_What the task requires_
Comb the records below for the string "omega" and copy each line where it turns up.

[Stored data]
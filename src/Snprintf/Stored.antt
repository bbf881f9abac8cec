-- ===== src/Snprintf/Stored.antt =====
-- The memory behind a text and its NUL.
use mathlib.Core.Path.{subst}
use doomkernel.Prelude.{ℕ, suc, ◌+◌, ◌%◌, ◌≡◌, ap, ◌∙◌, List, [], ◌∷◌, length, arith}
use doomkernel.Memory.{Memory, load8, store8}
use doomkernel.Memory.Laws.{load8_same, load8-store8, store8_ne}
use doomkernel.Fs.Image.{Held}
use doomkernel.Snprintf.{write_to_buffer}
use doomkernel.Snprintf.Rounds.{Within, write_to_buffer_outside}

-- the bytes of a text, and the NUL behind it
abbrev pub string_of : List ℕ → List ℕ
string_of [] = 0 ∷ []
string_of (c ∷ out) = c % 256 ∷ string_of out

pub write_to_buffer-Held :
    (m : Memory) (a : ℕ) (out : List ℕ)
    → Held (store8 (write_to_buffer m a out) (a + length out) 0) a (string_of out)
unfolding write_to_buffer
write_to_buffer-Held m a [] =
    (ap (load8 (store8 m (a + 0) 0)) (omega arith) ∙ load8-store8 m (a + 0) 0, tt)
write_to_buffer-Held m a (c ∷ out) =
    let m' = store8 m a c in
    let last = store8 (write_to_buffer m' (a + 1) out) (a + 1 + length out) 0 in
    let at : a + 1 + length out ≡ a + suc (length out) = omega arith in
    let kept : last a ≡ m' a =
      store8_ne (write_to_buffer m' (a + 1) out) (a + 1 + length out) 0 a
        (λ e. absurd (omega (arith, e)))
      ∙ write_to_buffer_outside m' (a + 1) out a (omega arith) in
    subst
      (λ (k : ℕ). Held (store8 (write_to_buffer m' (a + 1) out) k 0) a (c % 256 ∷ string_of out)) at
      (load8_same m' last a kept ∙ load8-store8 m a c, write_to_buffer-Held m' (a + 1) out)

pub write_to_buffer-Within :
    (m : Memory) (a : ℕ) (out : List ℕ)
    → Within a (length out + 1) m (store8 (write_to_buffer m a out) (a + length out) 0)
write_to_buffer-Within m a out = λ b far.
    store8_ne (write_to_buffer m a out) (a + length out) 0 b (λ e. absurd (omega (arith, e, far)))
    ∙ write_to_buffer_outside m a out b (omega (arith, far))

_Answer area_
    (ap (load8 (store8 m (a + 0) 0)) (omega arith) ∙ load8-store8 m (a + 0) 0, tt)
    let at : a + 1 + length out ≡ a + suc (length out) = omega arith in
        (λ e. absurd (omega (arith, e)))
      ∙ write_to_buffer_outside m' (a + 1) out a (omega arith) in
    store8_ne (write_to_buffer m a out) (a + length out) 0 b (λ e. absurd (omega (arith, e, far)))
    ∙ write_to_buffer_outside m a out b (omega (arith, far))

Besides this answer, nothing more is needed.